Recently, I made two interesting support requests, each to a different company. Both companies asked for the output of many different commands and log files. Both balked once I explained my organization’s security policy. The policy reads simply:

No anonymized data shall be delivered to a 3rd party.

It is a simple statement, but it has a powerful effect on all data being delivered to third parties, even for support. It implies that all user, machine, and service identifiers must be tokenized, encrypted, or outright removed. What must truly remain anonymous within our data? This is not simply a support question, but rather a major issue with all data today. Do we even know what is in our data? Do you?

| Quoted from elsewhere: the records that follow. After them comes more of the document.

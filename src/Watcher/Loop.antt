-- ===== src/Watcher/Loop.antt =====
-- pkg/watcher/watcher.go: Start, the goroutine of `start`, and Stop.
pub mod Scan
pub mod Catchup
use garden_evm_watcher.Common.{
  ℕ, suc, ◌+◌, ◌-◌, Bool, true, false, if◌then◌else◌, eqb, List, [], ◌∷◌, Option, none, some,
  Outcome, ok, err, panic, Panic, Error, canceled, already_stopped, wrapped, external,
  non_positive_ticker, close_of_closed_channel, nonpositive, pos_part,
}
use garden_evm_watcher.Watcher.Types.{Watcher, Traffic, Quit, open_quit, closed_quit, nil_quit}
use garden_evm_watcher.Watcher.Dispatch.{Moment}
use garden_evm_watcher.Watcher.Poll.{poll_events}

-- What a round of the goroutine's `select` finds: the context is done, a tick at a time `t`, with
-- the moments of the poll that it starts, or the `quit` channel is closed.
pub data LoopEvent : Type 0 where
  ctx_done : LoopEvent
  ticked : ℕ → List Moment → LoopEvent
  quit_closed : LoopEvent

-- Where the goroutine stands: before its next `select`, in `workerWg.Wait()`, returned, or crashed.
pub data LoopState : Type 0 where
  selecting : LoopState
  awaiting_workers : LoopState
  returned_from_loop : LoopState
  crashed_loop : Panic → LoopState

module _ {H : Type 0} where
  -- `time.NewTicker` panics if the interval is not positive.
  unfoldable pub start : Watcher H → Outcome (Unit {0}) × Watcher H
  start w = (
    if nonpositive w.config.polling_interval then panic non_positive_ticker else ok tt,
    record w {
      workers = w.workers + pos_part w.config.worker_count;
      current_block = w.config.start_block;
      watchers = w.watchers + 1;
    },
  )

  -- `defer w.watcherWg.Done()`
  unfoldable pub leave : Watcher H → LoopState × Watcher H
  leave w = (returned_from_loop, record w { watchers = w.watchers - 1 })

  -- close(w.jobQueue)
  unfoldable pub close_queue : Watcher H → LoopState × Watcher H
  close_queue w =
      if w.traffic.closed
      then (crashed_loop close_of_closed_channel, w)
      else (awaiting_workers, record w { traffic = record w.traffic { closed = true } })

  -- The goroutine's view of a poll: only `context.Canceled` itself ends the loop.
  unfoldable pub after_poll : Outcome (Unit {0}) × Watcher H → LoopState × Watcher H
  unfolding leave
  after_poll (ok u, w) = (selecting, w)
  after_poll (err canceled, w) = leave w
  after_poll (err e, w) = (selecting, w)
  after_poll (panic p, w) = (crashed_loop p, w)

  unfoldable pub loop_step : LoopEvent → Watcher H → LoopState × Watcher H
  unfolding leave close_queue
  loop_step ctx_done w = close_queue w
  loop_step (ticked t ms) w = after_poll (poll_events t ms w)
  loop_step quit_closed w = leave w

  abbrev pub while_selecting :
      LoopState × Watcher H → (Watcher H → LoopState × Watcher H) → LoopState × Watcher H
  while_selecting (selecting, w) k = k w
  while_selecting (s, w) k = (s, w)

  unfoldable pub loop : List LoopEvent → Watcher H → LoopState × Watcher H
  loop [] w = (selecting, w)
  loop (e ∷ es) w = while_selecting (loop_step e w) (loop es)

  -- `w.workerWg.Wait()` goes on when no worker is left.
  unfoldable pub workers_left : Watcher H → Option (LoopState × Watcher H)
  unfolding leave
  workers_left w = if eqb w.workers 0 then some (leave w) else none

  -- Stop up to `watcherWg.Wait()`, and from there on; `none` while the goroutine runs.
  unfoldable pub stop_begin : Watcher H → Outcome (Unit {0}) × Watcher H
  stop_begin w = elim w.quit [
    | nil_quit ↦ (err already_stopped, w)
    | closed_quit ↦ (panic close_of_closed_channel, w)
    | open_quit ↦ (ok tt, record w { quit = closed_quit })
  ]

  unfoldable pub stop_end : Watcher H → Option (Outcome (Unit {0}) × Watcher H)
  stop_end w = if eqb w.watchers 0 then some (ok tt, record w { quit = nil_quit }) else none
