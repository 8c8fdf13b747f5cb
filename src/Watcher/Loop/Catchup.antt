-- ===== src/Watcher/Loop/Catchup.antt =====
-- The loop over a node that answers.
use garden_evm_watcher.Common.{
  ℕ, suc, ◌+◌, ◌*◌, ◌^◌, ◌≤◌, ◌<◌, ◌≡◌, ◌≢◌, refl, sym, ap, subst, ◌∙◌, false, pos_part, List, [],
  ◌∷◌, some, Outcome, ok, err, panic, arith, min, dec_lt, All, length,
}
use garden_evm_watcher.Ethereum.{
  EthClient, FilterQuery, Log, Hash, MatchesTopics, MatchesQuery, IsFiltering,
}
use garden_evm_watcher.Watcher.Types.{Watcher, Traffic, EventJob}
use garden_evm_watcher.Watcher.Dispatch.{Moment, try_send, receive}
use garden_evm_watcher.Watcher.Dispatch.Faults.{dispatch-ok}
use garden_evm_watcher.Watcher.Dispatch.Capacity.{dispatch-keeps}
use garden_evm_watcher.Watcher.Poll.{
  filter_query, with_traffic, advance, process_all_contract_events, poll_client, poll_events,
  poll_events-client,
}
use garden_evm_watcher.Watcher.Poll.Range.{block_range-none, block_range-some}
use garden_evm_watcher.Watcher.Poll.Frame.{poll_events-SameSetup}
use garden_evm_watcher.Watcher.Loop.{
  LoopEvent, ticked, selecting, after_poll, loop_step, while_selecting, loop,
}

-- From the moment `since` on, the latest block is `latest`, and `FilterLogs` does not fail.
pub record IsSteady (c : EthClient) (since latest : ℕ) : Type 0 where
  pub answers : (t : ℕ) → since ≤ t → c.block_number t ≡ ok latest
  pub serves : (t : ℕ) (q : FilterQuery) → since ≤ t → (ls : List Log) × (c.filter_logs t q ≡ ok ls)

MatchesTopics-bare :
    (topics ts : List Hash) → topics ≢ [] → MatchesTopics (topics ∷ []) ts → ts ≢ []
MatchesTopics-bare [] ts h m = absurd (h refl)
MatchesTopics-bare (a ∷ more) [] h m = absurd m
MatchesTopics-bare (a ∷ more) (t ∷ ts) h m = λ e. cc

All-bare :
    (q : FilterQuery) (topics : List Hash) (ls : List Log)
    → q.topics ≡ topics ∷ []
    → topics ≢ []
    → All (MatchesQuery q) ls
    → All (λ l. l.topics ≢ []) ls
All-bare q topics [] e h a = tt
All-bare q topics (l ∷ ls) e h a = (
  MatchesTopics-bare topics l.topics h
      (subst (λ ts. MatchesTopics ts l.topics) e (a.0).with_topics),
  All-bare q topics ls e h a.1,
)

-- Ticks at any times from `since` on, while the context is not done.
abbrev pub Ticks : ℕ → List LoopEvent → Type 0
Ticks since [] = Unit
Ticks since (LoopEvent.ticked t ms ∷ es) =
    (since ≤ t) × (All (λ m. m.done ≡ false) ms × Ticks since es)
Ticks since (_ ∷ es) = ⊥

catch_up_sum :
    (latest current span n next span' : ℕ)
    → next ≡ min latest (current + 1 + span)
    → span' ≡ span
    → min latest (next + n * (span' + 1)) ≡ min latest (current + suc n * (span + 1))
catch_up_sum latest current span n next span' e s = rw (e, s) (grind arith)

module _ {H : Type 0} where
  -- The logs of a watcher's query have topics, if the watcher has topics.
  pub filter_logs-topics :
      (client : EthClient) (t f to_block : ℕ) (w : Watcher H) (ls : List Log)
      → IsFiltering client
      → w.topics ≢ []
      → client.filter_logs t (filter_query w f to_block) ≡ ok ls
      → All (λ l. l.topics ≢ []) ls
  unfolding filter_query
  filter_logs-topics client t f to_block w ls filtering h e =
      All-bare (filter_query w f to_block) w.topics ls refl h
        (filtering.matches t (filter_query w f to_block) ls e)

  closed-try_send :
      (size : ℕ) (m : Moment) (job : EventJob H) (q : Traffic H)
      → q.closed ≡ false
      → (try_send size m job (receive m.receives q)).1.closed ≡ false
  unfolding try_send receive
  closed-try_send size m job q h = ground arith

  -- A step of a healthy loop: no error, the channel stays open, the block moves to `b`.
  record Moves (b : ℕ) (p : Outcome (Unit {0}) × Watcher H) : Type 0 where
    fine : p.0 ≡ ok tt
    at_block : p.1.current_block ≡ b
    still_open : p.1.traffic.closed ≡ false

  after_poll-ok :
      (p : Outcome (Unit {0}) × Watcher H) → p.0 ≡ ok tt → after_poll p ≡ (selecting, p.1)
  unfolding after_poll
  after_poll-ok (ok tt, w) h = refl
  after_poll-ok (err e, w) h = cc
  after_poll-ok (panic p, w) h = cc

  advance-Moves :
      (b : ℕ) (w : Watcher H) (d : Outcome (Unit {0}) × Traffic H)
      → d.0 ≡ ok tt
      → d.1.closed ≡ false
      → Moves b (advance b (with_traffic w d))
  advance-Moves b w (ok tt, q) h o = record { fine = refl; at_block = refl; still_open = o }
  advance-Moves b w (err e, q) h o = cc
  advance-Moves b w (panic p, q) h o = cc

  module _ (client : EthClient) (since latest : ℕ) (filtering : IsFiltering client)
      (steady : IsSteady client since latest) (small : latest < 2 ^ 63) where
    process-Moves :
        (t : ℕ) (ms : List Moment) (f b : ℕ) (w : Watcher H)
        → since ≤ t
        → w.topics ≢ []
        → All (λ m. m.done ≡ false) ms
        → w.traffic.closed ≡ false
        → Moves b (advance b (process_all_contract_events client t ms f b w))
    unfolding process_all_contract_events
    process-Moves t ms f b w u h d o =
        let (ls, eq) = steady.serves t (filter_query w f b) u in
        rw (eq, process_all_contract_events)
          (advance-Moves b w _
            (dispatch-ok size w.address_to_handlers ls ms w.traffic
              (filter_logs-topics client t f b w ls filtering h eq) d o)
            (dispatch-keeps (λ q. q.closed ≡ false) size (closed-try_send size)
              w.address_to_handlers ls ms w.traffic o))
      where
        size : ℕ
        size = pos_part w.config.queue_size

    poll_client-Moves :
        (t : ℕ) (ms : List Moment) (w : Watcher H)
        → since ≤ t
        → w.topics ≢ []
        → All (λ m. m.done ≡ false) ms
        → w.traffic.closed ≡ false
        → w.current_block ≤ latest
        → Moves
            (min latest (w.current_block + 1 + w.config.max_block_span))
            (poll_client client t ms w)
    unfolding poll_client
    poll_client-Moves t ms w u h d o le = elim (dec_lt w.current_block latest) [
      | yes newer ↦
          rw
            (
              poll_client,
              steady.answers t u,
              block_range-some w.current_block latest w.config.max_block_span newer (omega arith),
            )
            (process-Moves t ms (w.current_block + 1) _ w u h d o)
      | no old ↦
          rw
            (
              poll_client,
              steady.answers t u,
              block_range-none w.current_block latest w.config.max_block_span (omega arith),
            )
            (record { fine = refl; at_block = omega arith; still_open = o })
    ]

    poll_events-Moves :
        (t : ℕ) (ms : List Moment) (w : Watcher H)
        → since ≤ t
        → w.config.eth_client ≡ some client
        → w.topics ≢ []
        → All (λ m. m.done ≡ false) ms
        → w.traffic.closed ≡ false
        → w.current_block ≤ latest
        → Moves (min latest (w.current_block + 1 + w.config.max_block_span)) (poll_events t ms w)
    poll_events-Moves t ms w u e h d o le =
        rw (poll_events-client client t ms w e) (poll_client-Moves t ms w u h d o le)

    -- With a node that filters as asked and from some moment on answers and has `latest` as its
    -- last block, an int64, and a watcher that has topics, an open channel and a current block up
    -- to `latest`: n ticks after this moment, without a cancelled context, move the current block
    -- by up to n * (span + 1) blocks, and not past `latest`; the loop goes on.
    pub loop_catches_up :
        (es : List LoopEvent) (w : Watcher H)
        → w.config.eth_client ≡ some client
        → w.topics ≢ []
        → w.traffic.closed ≡ false
        → w.current_block ≤ latest
        → Ticks since es
        → ((loop es w).0 ≡ selecting)
          × ((loop es w).1.current_block
              ≡ min latest (w.current_block + length es * (w.config.max_block_span + 1)))
    unfolding loop loop_step
    loop_catches_up [] w e h o le ticks = (refl, omega arith)
    loop_catches_up (LoopEvent.ctx_done ∷ es) w e h o le ticks = absurd ticks
    loop_catches_up (LoopEvent.quit_closed ∷ es) w e h o le ticks = absurd ticks
    loop_catches_up (ticked t ms ∷ es) w e h o le ticks =
        let moves = poll_events-Moves t ms w ticks.0 e h ticks.1.0 o le in
        let same = poll_events-SameSetup t ms w in
        let (on, here) =
          loop_catches_up es (poll_events t ms w).1 (ap (λ c. c.eth_client) same.config ∙ e)
            (λ x. h (sym same.topics ∙ x)) moves.still_open (omega (arith, moves.at_block))
            ticks.1.1 in
        rw (after_poll-ok (poll_events t ms w) moves.fine, while_selecting)
          (
            on,
            here
                ∙ catch_up_sum latest w.current_block w.config.max_block_span (length es) _ _
                    moves.at_block (ap (λ c. c.max_block_span) same.config),
          )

I have built many anonymization scripts. Some have been generalized, and some have been specific to product logs and use cases. However, all of them have stripped out identifying information: information that is useful to hackers for attacking systems and accruing knowledge about users, and that exposes company and personal data. Most of this data is metadata—data about data—but it is extremely useful. It is useful to attackers, hackers, and all the bad guys. It is useful to any person or entity that just wants information, such as a surveillance state.
Data and data about data, metadata, need to be controlled, whether for support, data management, privacy, or intellectual property reasons. Every company needs to step up and add anonymization to any output that might be sent to a third party. However, this is just the tip of the iceberg. There are other reasons for data control to be put into place, and not just with regard to metadata—which in essence logs are about—but also with regard to real data.
This is the future of data services. Like network functions virtualization, I expect there to be data functions virtualization. We are already starting to see a data pipeline of sorts being created. Companies like Dataguise are there for protecting on ingest of data. Even the copy data solution Actifio is allowing a form of chaining to happen. It does not quite hook into enough functions, but it is a start. Orchestrating data functions is a part of any application today, but do data functions need to be in the application? As you scale up an application, this becomes an issue.
Data functions virtualization is the movement of discrete data services into a service chain for use by the application, perhaps by moving those services lower down, out of the application, perhaps into middleware or hardware. Some of those functions, such as encryption, compression, and deduplication, already reside in hardware. Others, such as tokenization, indexing, and masking, are higher up the stack. Still others are the basis for today’s analytics engines.
There is now a need to anonymize data, which can be done through tokenization, encryption, redacting, or removal of metadata about our data, PII, PHI, or PCI controlled data. As systems become more complex and more API driven, logs become even more important for debugging. Protecting your data should happen at all levels—not just within the data, but within the metadata as well.
Should data services be part of the application, or should they be part of something else?
In all cases, this is a serious question that needs some more thought. How would one implement data functions virtualization? Should the basics of data transformation, deduplication, compression, protection, or coalescing based on time be part of such data functions? Should these data services be part of data storage, the application, middleware, or all three?
We have been seeing data repositories grow. Now we need to consider how to best handle our data in the future, how to protect it, and how to transform it into more useful bits.
Anonymization is one such transformation. There are others. What do you need done to your data to make it safer to share, or more powerful for use? Do you have a data sharing and management policy?